See, Lacie knows how to take good pictures, she just doesn't want to


----------



## Little-Bits-N-Pieces (Apr 7, 2013)

:laugh: I know lots of stuff, but it's a matter of actually applying those skills


----------



## thegoatgirl (Nov 27, 2011)

I always, always, have good lighting. Always. Then, I like to have a solid-ish background to show them off. I have my timer set, usually for thirty seconds, and have the goat ready. They are usually clipped, washed, and very well trained. I stack the goat, pulling them slightly forward while arching the neck down, and pinch them on their topline to make them level out. Here's a very good example, using my doe Frosty:


----------



## HoosierShadow (Apr 20, 2010)

Love the pics!

I agree, you might take 10 and only like 1. You might go out and get 50 pictures, and only use 1. Depends on what your goats are in the mood for, and what you want to achieve 

Being friendly helps, but sometimes can be a pain, especially if they think they have to be stuck to your hip <like Caramel...so hard to get pics of her if she thinks she has to 'heel' like a dog well..without sitting lol>.

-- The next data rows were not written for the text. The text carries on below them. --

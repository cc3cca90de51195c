-- ===== src/Graph/Reviews/Counts.antt =====
-- What the dry run of a reversible mutation shows of its targets.
use outlook_agent.Prelude.{
  Bool-cases, List, String, [], ap, arith, if◌then◌else◌, inl, inr, leb, leb→le, length, ltb, map,
  refl, subst, suc, sym, take, take_all, zero, ℕ, ◌-◌, ◌∙◌, ◌∷◌, ◌≡◌,
}
use outlook_agent.Policy.{SafetyClass}
use outlook_agent.Review.{TargetRef, clamp_target_refs, default_review_target_limit}
use outlook_agent.Value.{Fields, Value, array, as_fields, get_field, lookup_field}
use outlook_agent.Graph.Payload.{message_ids, reversible_class_for_count}
use outlook_agent.Graph.Reviews.{
  dry_run_mutation, message_target, messages_review, mutation_of, MutationReview,
  reversible_mutation_review, target_items, summary_of, shown_targets,
}

length-map : (ids : List String) → length (map message_target ids) ≡ length ids
length-map [] = refl
length-map (id ∷ ids) = omega (arith, length-map ids)

take-map :
    (n : ℕ) (ids : List String) → take n (map message_target ids) ≡ map message_target (take n ids)
take-map zero ids = refl
take-map (suc n) [] = refl
take-map (suc n) (id ∷ ids) = ap (λ ts. message_target id ∷ ts) (take-map n ids)

clamped :
    (targets : List TargetRef)
    → clamp_target_refs targets default_review_target_limit
      ≡ (take default_review_target_limit targets, length targets - default_review_target_limit)
unfolding clamp_target_refs
clamped targets = elim (Bool-cases (leb (length targets) default_review_target_limit)) [
  | inl short ↦
      let le = leb→le (length targets) default_review_target_limit short in
      let none_left : length targets - default_review_target_limit ≡ 0 = omega (arith, le) in
      rw (short, take_all default_review_target_limit targets le, none_left) refl
  | inr long ↦ rw long refl
]

-- the targets of a packet
abbrev pub packet_targets : Value → Value
packet_targets details = get_field "targets" (as_fields details)

abbrev pub limit : ℕ
limit = default_review_target_limit

module _ (fingerprint : Fields → String) (decimal : ℕ → String) where
  targets-messages_review :
      (action : String) (class : SafetyClass) (payload : Fields) (t : TargetRef)
      (ts : List TargetRef) (omitted : ℕ) (m : MutationReview)
      → let review = messages_review fingerprint decimal action class payload (t ∷ ts, omitted) m in
        (packet_targets review.details ≡ array (target_items (t ∷ ts)))
        × (review.completeness ≡ (if ltb 0 omitted then "partial" else "complete"))
  unfolding messages_review get_field lookup_field as_fields
  targets-messages_review action class payload t ts omitted m = (refl, refl)

  shown_of :
      (ids : List String)
      → shown_targets fingerprint decimal ids
        ≡ (map message_target (take limit ids), length ids - limit)
  shown_of ids =
      clamped (map message_target ids)
      ∙ ap (λ ts. (ts, length (map message_target ids) - limit)) (take-map limit ids)
      ∙ ap (λ n. (map message_target (take limit ids), n - limit)) (length-map ids)

  ltb-omitted : (n : ℕ) → ltb 0 (n - limit) ≡ ltb limit n
  ltb-omitted n = ground arith

  -- The dry run of a reversible mutation of at least one message counts its ids, asks for a
  -- confirmation exactly where there are several, lists in its review the ids in order up to the
  -- fiftieth, and calls the review partial exactly where there are more.
  pub dry_run_shows :
      (action : String) (payload : Fields) (id : String) (ids : List String)
      → message_ids payload ≡ id ∷ ids
      → let count = length (id ∷ ids) in
        let class = reversible_class_for_count count in
        let review =
          reversible_mutation_review fingerprint decimal action payload (id ∷ ids) class in
        (dry_run_mutation fingerprint decimal action payload
          ≡ summary_of fingerprint decimal action count (ltb 1 count) review review.limitations)
        × (packet_targets review.details
            ≡ array (target_items (map message_target (take limit (id ∷ ids)))))
        × (review.completeness ≡ (if ltb limit count then "partial" else "complete"))
  unfolding dry_run_mutation reversible_mutation_review
  dry_run_shows action payload id ids e =
      let count = length (id ∷ ids) in
      let class = reversible_class_for_count count in
      let m = mutation_of action payload in
      let first_ids = map message_target (take limit (id ∷ ids)) in
      let r =
        subst
          (λ shown.
            let review = messages_review fingerprint decimal action class payload shown m in
            (packet_targets review.details ≡ array (target_items first_ids))
            × (review.completeness ≡ (if ltb 0 (count - limit) then "partial" else "complete")))
          (sym (shown_of (id ∷ ids)))
          (targets-messages_review action class payload (message_target id)
            (map message_target (take 49 ids)) (count - limit) m) in
      (rw e refl, r.0, r.1 ∙ ap (λ b. if b then "partial" else "complete") (ltb-omitted count))
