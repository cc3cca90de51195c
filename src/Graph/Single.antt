-- ===== src/Graph/Single.antt =====
-- The class of a reversible mutation, which the server computes from its count of the targets, against
-- the ids that the Graph transport acts on.
use outlook_agent.Prelude.{List, String, [], arith, length, true, ℕ, ◌+◌, ◌∷◌, ◌≡◌, ◌≤◌}
use outlook_agent.Policy.{reversible_single_item}
use outlook_agent.Action.{Definition}
use outlook_agent.Value.{
  Fields, Items, Value, array, bool, cons, get_field, maps, nil, null, number, object, strings,
  text,
}
use outlook_agent.Server.Canonical.{non_empty_strings}
use outlook_agent.Server.Targets.{
  count_explicit_target_value, count_strings, is_reversible_message_mutation_action,
  safety_class_for_payload,
}
use outlook_agent.Graph.Payload.{
  add_text, ids_or_single, message_ids, single_id, string_slice, texts_of,
}

-- how many of the ids are not blank
abbrev pub filled : List String → ℕ
filled ids = length (non_empty_strings ids)

filled-le : (ids : List String) → filled ids ≤ length ids
unfolding non_empty_strings
filled-le [] = omega arith
filled-le (id ∷ ids) = ground (arith, filled-le ids)

filled-count_strings : (ids : List String) → filled ids ≤ count_strings ids
unfolding non_empty_strings
filled-count_strings [] = omega arith
filled-count_strings (id ∷ ids) = ground (arith, filled-count_strings ids)

filled-add_text :
    (v : Value) (rest : List String) (n : ℕ)
    → filled rest ≤ n
    → filled (add_text v rest) ≤ count_explicit_target_value v + n
unfolding count_explicit_target_value non_empty_strings
filled-add_text (text s) rest n le = ground arith
filled-add_text null rest n le = omega arith
filled-add_text (bool b) rest n le = omega arith
filled-add_text (number x) rest n le = omega arith
filled-add_text (strings xs) rest n le = omega arith
filled-add_text (maps items) rest n le = omega arith
filled-add_text (array items) rest n le = omega arith
filled-add_text (object fs) rest n le = omega arith

filled-texts_of :
    (items : Items) → filled (texts_of items) ≤ count_explicit_target_value (array items)
unfolding count_explicit_target_value texts_of non_empty_strings
filled-texts_of nil = omega arith
filled-texts_of (cons v items) =
    filled-add_text v (texts_of items) (count_explicit_target_value (array items))
      (filled-texts_of items)

filled-string_slice : (v : Value) → filled (string_slice v) ≤ count_explicit_target_value v
unfolding count_explicit_target_value string_slice non_empty_strings
filled-string_slice (strings xs) = filled-count_strings xs
filled-string_slice (array items) = filled-texts_of items
filled-string_slice null = omega arith
filled-string_slice (bool b) = omega arith
filled-string_slice (number x) = omega arith
filled-string_slice (text s) = omega arith
filled-string_slice (maps items) = omega arith
filled-string_slice (object fs) = omega arith

length-single_id : (payload : Fields) → length (single_id payload) ≤ 1
length-single_id payload = ground arith

filled-ids_or_single :
    (payload : Fields) (ids : List String) → filled ids ≤ 1 → filled (ids_or_single payload ids) ≤ 1
filled-ids_or_single payload [] le =
    omega (arith, length-single_id payload, filled-le (single_id payload))
filled-ids_or_single payload (id ∷ ids) le = le

count_of_single :
    (actions : List Definition) (action : String) (payload : Fields)
    → is_reversible_message_mutation_action action ≡ true
    → safety_class_for_payload actions action payload ≡ reversible_single_item
    → count_explicit_target_value (get_field "ids" payload) ≡ 1
unfolding safety_class_for_payload
count_of_single actions action payload e single = ground arith

-- A reversible mutation that the server takes for a single item, and so may execute with no
-- confirmation, makes the Graph transport act on at most one id that is not blank.
pub single_acts_on_one :
    (actions : List Definition) (action : String) (payload : Fields)
    → is_reversible_message_mutation_action action ≡ true
    → safety_class_for_payload actions action payload ≡ reversible_single_item
    → length (non_empty_strings (message_ids payload)) ≤ 1
unfolding message_ids
single_acts_on_one actions action payload e single =
    let ids = get_field "ids" payload in
    filled-ids_or_single payload (string_slice ids)
      (omega (arith, filled-string_slice ids, count_of_single actions action payload e single))
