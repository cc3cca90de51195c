-- ===== src/Examples/Mailboxes.antt =====
-- Concrete runs of the theorems on the Graph transport and on redirects.
use outlook_agent.Prelude.{
  Bool, List, Result, String, [], err, false, if◌then◌else◌, length, ltb, map, none, ok, refl, some,
  take, true, ℕ, ◌++ˢ◌, ◌+◌, ◌==◌, ◌∷◌, ◌≡◌, ◌≤◌,
}
use outlook_agent.Prelude.Text.{trim_space}
use outlook_agent.Policy.{reversible_single_item}
use outlook_agent.Value.{Fields, array, bool, cons, end, field, get_field, lookup_field, nil, text}
use outlook_agent.Approval.{dev}
use outlook_agent.Server.{Runtime, Transport}
use outlook_agent.Server.Canonical.{non_empty_strings}
use outlook_agent.Server.Execute.{move_like_mutation_action}
use outlook_agent.Server.Targets.{
  count_explicit_target_value, is_reversible_message_mutation_action, safety_class_for,
  safety_class_for_payload,
}
use outlook_agent.Catalogue.{graph_capabilities}
use outlook_agent.Url.{Parser, Request, Url, check_redirect, same_origin, some_unsafe}
use outlook_agent.Url.Redirects.{Followed, StayHome, first, Followed-StayHome, onward}
use outlook_agent.Graph.Links.{is_allowed_calendar_view_next_path}
use outlook_agent.Graph.Messages.{Host, move_messages, patch_messages}
use outlook_agent.Graph.Runs.{Ran, failed_id, move_one, patch_one}
use outlook_agent.Graph.Manifests.{
  Splits, batch-Splits, drawn, listed, manifest_lists_changed, patched_list,
}
use outlook_agent.Graph.Pages.{Page, max_pages, read_all}
use outlook_agent.Graph.Pages.Walks.{Reads, read_all-Reads}
use outlook_agent.Graph.Payload.{message_ids, reversible_class_for_count}
use outlook_agent.Graph.Reviews.{
  dry_run_mutation, message_target, reversible_mutation_review, summary_of, target_items,
}
use outlook_agent.Graph.Reviews.Counts.{dry_run_shows, limit, packet_targets}
use outlook_agent.Graph.Single.{single_acts_on_one}

-- a mailbox in which only the message "gone" cannot be changed
abbrev graph : Host
graph = record {
  World = ℕ;
  move = λ mailbox id destination n.
      (if id == "gone" then err "graph returned HTTP 404" else ok (id ++ˢ "-moved"), n + 1);
  patch =
      λ mailbox id change n. (if id == "gone" then err "graph returned HTTP 404" else ok id, n + 1);
  quote = λ s. s;
  decimal = λ n. "n";
}

abbrev ids : List String
ids = "m1" ∷ "gone" ∷ "m2" ∷ []

abbrev unflag : Fields
unflag = field "isRead" (bool true) end

batch-Splits_example :
    let moved = (move_messages graph "" ids "archive" 0).0 in
    let patched = (patch_messages graph "" ids unflag 0).0 in
    Splits ids moved.succeeded (map failed_id moved.failed)
    × Splits ids patched.succeeded (map failed_id patched.failed)
batch-Splits_example = batch-Splits graph "" ids "archive" unflag 0

abbrev idle : Transport
idle = record {
  World = ℕ;
  name = "graph";
  capabilities = graph_capabilities;
  authenticate = λ p n. (record { ok = true; principal = p; error = "" }, n);
  execute = λ q n. (record { ok = true; fields = none; error = "" }, n);
  dry_run = λ q n. (
    record {
      action = q.name;
      count = 1;
      reversible = true;
      requires_confirmation = true;
      review = none;
      warnings = [];
      error = "";
    },
    n,
  );
}

abbrev server : Runtime
server = record {
  client = idle;
  profile = "work";
  policy = record { mode = dev; secret = ""; legacy_token = "" };
  hashing = record { marshal = λ b. some b.action; digest = λ s. s };
  crypto = record { mac = λ secret payload. secret; encode = λ s. s; format_time = λ t. "t" };
  payload_fingerprint = λ p. "p";
  review_fingerprint = λ p. "r";
  redact_text = λ s. s;
  to_int = λ s. s;
  expose_next_link = false;
  clock = λ n. n;
  random = λ n. some "token";
}

manifest_lists_changed_example :
    let moved = move_messages graph "" ids "archive" 0 in
    let patched = patch_messages graph "" ids unflag 0 in
    let moves = move_like_mutation_action "mail.archive" in
    (done : List String) × (news : List String) × (missed : List String) × Ran
      (if moves then move_one graph "" "archive" else patch_one graph "" unflag)
      ids
      0
      done
      news
      missed
      (if moves then moved else patched).1
    × (drawn graph server "mail.archive" end (if moves then moved else patched).0
        ≡ (if moves then listed graph news else patched_list graph done missed))
manifest_lists_changed_example =
    manifest_lists_changed graph server "mail.archive" end "" ids "archive" unflag 0

abbrev one_id : Fields
one_id = field "ids" (array (cons (text "m1") (cons (text " ") nil))) end

is_mutation : is_reversible_message_mutation_action "mail.archive" ≡ true
unfolding is_reversible_message_mutation_action
is_mutation = refl

is_single :
    safety_class_for_payload graph_capabilities "mail.archive" one_id ≡ reversible_single_item
unfolding safety_class_for_payload safety_class_for count_explicit_target_value get_field
    lookup_field trim_space
is_single = refl

single_acts_on_one_example : length (non_empty_strings (message_ids one_id)) ≤ 1
single_acts_on_one_example =
    single_acts_on_one graph_capabilities "mail.archive" one_id is_mutation is_single

abbrev base : Url
base = record {
  scheme = "https";
  host = "graph.microsoft.com";
  hostname = "graph.microsoft.com";
  port = "";
  has_user = false;
  escaped_path = "/v1.0";
  raw_query = "";
  fragment = "";
  spelling = "https://graph.microsoft.com/v1.0";
}

-- a parser that knows one page
abbrev parse_view : Parser
parse_view raw = some (record base { escaped_path = "/v1.0/me/calendarView"; spelling = raw })

-- every page names another one
abbrev endless : String → ℕ → Result String (Page String) × ℕ
endless url n = (ok (record { items = url ∷ []; next_link = "https://next" }), n + 1)

read_all-Reads_example :
    Reads parse_view base ℕ endless is_allowed_calendar_view_next_path max_pages "https://first" []
      (record { world = 0; asked = [] })
      (read_all parse_view base ℕ endless is_allowed_calendar_view_next_path "https://first"
        (record { world = 0; asked = [] }))
read_all-Reads_example =
    read_all-Reads parse_view base ℕ endless is_allowed_calendar_view_next_path "https://first"
      (record { world = 0; asked = [] })

abbrev service : Request
service = record { url = base; query_keys = "X-OWA-CANARY" ∷ []; canary = "c" }

abbrev elsewhere : Request
elsewhere = record {
  url = record base { hostname = "login.example.com" };
  query_keys = [];
  canary = "";
}

abbrev always : Request → List Request → Bool
always q via = true

follows : check_redirect always service (elsewhere ∷ []) ≡ none
unfolding check_redirect some_unsafe same_origin
follows = refl

follows_home : check_redirect always service (elsewhere ∷ service ∷ []) ≡ none
unfolding check_redirect some_unsafe same_origin
follows_home = refl

walk : Followed always (elsewhere ∷ service ∷ service ∷ [])
walk =
    onward service (elsewhere ∷ service ∷ [])
      (onward service (elsewhere ∷ []) (first elsewhere) follows) follows_home

Followed-StayHome_example :
    (length (elsewhere ∷ service ∷ service ∷ []) ≤ 10)
    × StayHome (elsewhere ∷ service ∷ service ∷ [])
Followed-StayHome_example = Followed-StayHome always (elsewhere ∷ service ∷ service ∷ []) walk

abbrev two_ids : Fields
two_ids = field "ids" (array (cons (text "m1") (cons (text "m2") nil))) end

are_two : message_ids two_ids ≡ "m1" ∷ "m2" ∷ []
unfolding message_ids get_field lookup_field
are_two = refl

abbrev print : Fields → String
print fs = "p"

abbrev decimal : ℕ → String
decimal n = "n"

dry_run_shows_example :
    let class = reversible_class_for_count 2 in
    let review =
      reversible_mutation_review print decimal "mail.archive" two_ids ("m1" ∷ "m2" ∷ []) class in
    (dry_run_mutation print decimal "mail.archive" two_ids
      ≡ summary_of print decimal "mail.archive" 2 (ltb 1 2) review review.limitations)
    × (packet_targets review.details
        ≡ array (target_items (map message_target (take limit ("m1" ∷ "m2" ∷ [])))))
    × (review.completeness ≡ (if ltb limit 2 then "partial" else "complete"))
dry_run_shows_example = dry_run_shows print decimal "mail.archive" two_ids "m1" ("m2" ∷ []) are_two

Fast camera with a fast shutter speed and a decent zoom/quality on it is also a factor. I don't like to use less than shutter speed 800 for goats if I can help it. If lighting is good I love to go about 1000 or 1200. But at least above 500 so you aren't getting blurry action shots if the goat moves, jumps, runs, etc. that's why a lot of people might end up with blurry pics, because their shutter speed isn't fast enough.

I use DSLR camera's, typically my Canon 40D with a 24-105mm lens and occasionally my Canon 7D with a 70-200mm F2.8 lens. The shorter lens isn't a very long lens, but I consider it my all around lens as I don't like to bring my bigger lens out too much for playing.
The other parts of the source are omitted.